| Task brief |
Each record below should be repeated precisely as written.

| Exercise inputs |

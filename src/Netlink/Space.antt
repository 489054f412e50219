-- ===== src/Netlink/Space.antt =====
-- rnl/NetlinkRoute.cpp: the attribute of the next hops is as long as its hops.
use fbmeshd.Prelude.{
  ℕ, suc, ◌+◌, ◌%◌, ◌^◌, ◌≡◌, inl, inr, subst, true, none, some, List, [], ◌∷◌, ◌++◌, arith, length,
  length-append, Bool-cases,
}
use fbmeshd.Rnl.{Route, NextHop}
use fbmeshd.Rnl.Kernel.{Rtnl}
use fbmeshd.Netlink.Requests.{is_success}
use fbmeshd.Netlink.Attributes.{Wire, Hop, Rta}
use fbmeshd.Netlink.NextHops.{
  Made, after_hop, add_nexthop, with_hop, add_hops, add_multi_path_nexthop,
}
use fbmeshd.Netlink.Layout.{IsWire, Grows, by_action-Grows}

module _ (w : Wire) (laws : IsWire w) where
  -- The space that some hops take, each up to its alignment.
  abbrev pub space : List Hop → ℕ
  space [] = 0
  space (h ∷ hs) = w.rta_align h.rtnh_len + space hs

  space-append : (hs ks : List Hop) → space (hs ++ ks) ≡ space hs + space ks
  space-append [] ks = omega arith
  space-append (h ∷ hs) ks = omega (arith, space-append hs ks)

  abbrev pub Laid : Rta → Type 0
  Laid rta = rta.rta_len ≡ (w.rta_length 0 + space rta.hops) % 2 ^ 16

  space-four : (hs : List Hop) → space hs % 4 ≡ 0
  space-four [] = omega arith
  space-four (h ∷ hs) = omega (arith, space-four hs, laws.aligns h.rtnh_len)

  Laid-four : (rta : Rta) → Laid rta → rta.rta_len % 4 ≡ 0
  Laid-four rta laid = omega (arith, laid, laws.lengths 0, space-four rta.hops)

  abbrev pub HasHops : ℕ → Made Rta → Type 0
  HasHops n none = Unit
  HasHops n (some (result, rta)) = is_success result ≡ true → Laid rta × (length rta.hops ≡ n)

  after_hop-HasHops :
      (n before : ℕ) (rta : Rta) (o : Made (ℕ × Hop)) (f : Rta → Made Rta)
      → Laid rta
      → before ≡ (rta.rta_len + 8) % 2 ^ 16
      → Grows before o
      → ((t : Rta) → Laid t → length t.hops ≡ suc (length rta.hops) → HasHops n (f t))
      → HasHops n (after_hop rta o f)
  after_hop-HasHops n before rta none f laid eq g h = tt
  after_hop-HasHops n before rta (some (result, (x, k))) f laid eq g h =
      elim (Bool-cases (is_success result)) [
        | inl e ↦
            let (grown, bound) = g e in
            let t = with_hop rta (x, k) in
            let more = space-append rta.hops (k ∷ []) in
            rw e (
              h t (omega (arith, laid, eq, grown, bound, more, laws.aligns k.rtnh_len))
                (omega (arith, length-append rta.hops (k ∷ []))))
        | inr e ↦ rw e (λ s. absurd (ground (arith, s, e)))
      ]

  add_hops-HasHops :
      (c : Rtnl) (route : Route) (paths : List NextHop) (rta : Rta)
      → Laid rta
      → HasHops (length rta.hops + length paths) (add_hops w c route paths rta)
  unfolding add_hops add_nexthop
  add_hops-HasHops c route [] rta laid = λ s. (laid, omega arith)
  add_hops-HasHops c route (path ∷ paths) rta laid =
      let before = (rta.rta_len + w.sizeof_rtnexthop) % 2 ^ 16 in
      let size : before ≡ (rta.rta_len + 8) % 2 ^ 16 = omega (arith, laws.of_hop) in
      let four' : before % 4 ≡ 0 = omega (arith, size, Laid-four rta laid) in
      after_hop-HasHops (length rta.hops + suc (length paths)) before rta
        (add_nexthop w c before path route) _ laid size
        (by_action-Grows w laws c before path route path.label_action four' (omega (arith, size)))
        (λ t laid' more.
          subst (λ n. HasHops n (add_hops w c route paths t)) (omega (arith, more))
            (add_hops-HasHops c route paths t laid'))

  -- When the next hops of a route are added with success, the attribute has one hop for each of
  -- them, and its length is, in 16 bits, that of its header and of the hops, each up to its
  -- alignment: whatever the label actions are, the lengths by which the hops are walked and the
  -- length of the attribute agree. It holds if the kernel's headers are what `IsWire` says.
  pub add_multi_path_nexthop-HasHops :
      (c : Rtnl) (route : Route)
      → HasHops (length route.next_hops) (add_multi_path_nexthop w c route)
  unfolding add_multi_path_nexthop
  add_multi_path_nexthop-HasHops c route =
      let first : Rta = record { rta_len = w.rta_length 0; hops = [] } in
      subst (λ n. HasHops n (add_hops w c route route.next_hops first)) (omega arith)
        (add_hops-HasHops c route route.next_hops first (omega (arith, laws.lengths 0)))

| Solved problem |
filename src/Netlink/Space.antt
repository 489054f412e50219
-- ===== src/Netlink/Space.antt =====
-- rnl/NetlinkRoute.cpp: the attribute of the next hops is as long as its hops.
use fbmeshd.Prelude.{
  ℕ, suc, ◌+◌, ◌%◌, ◌^◌, ◌≡◌, inl, inr, subst, true, none, some, List, [], ◌∷◌, ◌++◌, arith, length,
  length-append, Bool-cases,
}
use fbmeshd.Rnl.{Route, NextHop}
use fbmeshd.Rnl.Kernel.{Rtnl}
use fbmeshd.Netlink.Requests.{is_success}
use fbmeshd.Netlink.Attributes.{Wire, Hop, Rta}
use fbmeshd.Netlink.NextHops.{
  Made, after_hop, add_nexthop, with_hop, add_hops, add_multi_path_nexthop,
}
use fbmeshd.Netlink.Layout.{IsWire, Grows, by_action-Grows}

module _ (w : Wire) (laws : IsWire w) where
  -- The space that some hops take, each up to its alignment.
  abbrev pub space : List Hop → ℕ
  space [] = 0
  space (h ∷ hs) = w.rta_align h.rtnh_len + space hs

  space-append : (hs ks : List Hop) → space (hs ++ ks) ≡ space hs + space ks
  space-append [] ks = omega arith
  space-append (h ∷ hs) ks = omega (arith, space-append hs ks)

  abbrev pub Laid : Rta → Type 0
  Laid rta = rta.rta_len ≡ (w.rta_length 0 + space rta.hops) % 2 ^ 16

  space-four : (hs : List Hop) → space hs % 4 ≡ 0
  space-four [] = omega arith
  space-four (h ∷ hs) = omega (arith, space-four hs, laws.aligns h.rtnh_len)

  Laid-four : (rta : Rta) → Laid rta → rta.rta_len % 4 ≡ 0
  Laid-four rta laid = omega (arith, laid, laws.lengths 0, space-four rta.hops)

  abbrev pub HasHops : ℕ → Made Rta → Type 0
  HasHops n none = Unit
  HasHops n (some (result, rta)) = is_success result ≡ true → Laid rta × (length rta.hops ≡ n)

  after_hop-HasHops :
      (n before : ℕ) (rta : Rta) (o : Made (ℕ × Hop)) (f : Rta → Made Rta)
      → Laid rta
      → before ≡ (rta.rta_len + 8) % 2 ^ 16
      → Grows before o
      → ((t : Rta) → Laid t → length t.hops ≡ suc (length rta.hops) → HasHops n (f t))
      → HasHops n (after_hop rta o f)
  after_hop-HasHops n before rta none f laid eq g h = tt
  after_hop-HasHops n before rta (some (result, (x, k))) f laid eq g h =
      elim (Bool-cases (is_success result)) [
        | inl e ↦
            let (grown, bound) = g e in
            let t = with_hop rta (x, k) in
            let more = space-append rta.hops (k ∷ []) in
            rw e (
              h t (omega (arith, laid, eq, grown, bound, more, laws.aligns k.rtnh_len))
                (omega (arith, length-append rta.hops (k ∷ []))))
        | inr e ↦ rw e (λ s. absurd (ground (arith, s, e)))
      ]

  add_hops-HasHops :
      (c : Rtnl) (route : Route) (paths : List NextHop) (rta : Rta)
      → Laid rta
      → HasHops (length rta.hops + length paths) (add_hops w c route paths rta)
  unfolding add_hops add_nexthop
  add_hops-HasHops c route [] rta laid = λ s. (laid, omega arith)
  add_hops-HasHops c route (path ∷ paths) rta laid =
      let before = (rta.rta_len + w.sizeof_rtnexthop) % 2 ^ 16 in
      let size : before ≡ (rta.rta_len + 8) % 2 ^ 16 = omega (arith, laws.of_hop) in
      let four' : before % 4 ≡ 0 = omega (arith, size, Laid-four rta laid) in
      after_hop-HasHops (length rta.hops + suc (length paths)) before rta
        (add_nexthop w c before path route) _ laid size
        (by_action-Grows w laws c before path route path.label_action four' (omega (arith, size)))
        (λ t laid' more.
          subst (λ n. HasHops n (add_hops w c route paths t)) (omega (arith, more))
            (add_hops-HasHops c route paths t laid'))

  -- When the next hops of a route are added with success, the attribute has one hop for each of
  -- them, and its length is, in 16 bits, that of its header and of the hops, each up to its
  -- alignment: whatever the label actions are, the lengths by which the hops are walked and the
  -- length of the attribute agree. It holds if the kernel's headers are what `IsWire` says.
  pub add_multi_path_nexthop-HasHops :
      (c : Rtnl) (route : Route)
      → HasHops (length route.next_hops) (add_multi_path_nexthop w c route)
  unfolding add_multi_path_nexthop
  add_multi_path_nexthop-HasHops c route =
      let first : Rta = record { rta_len = w.rta_length 0; hops = [] } in
      subst (λ n. HasHops n (add_hops w c route route.next_hops first)) (omega arith)
        (add_hops-HasHops c route route.next_hops first (omega (arith, laws.lengths 0)))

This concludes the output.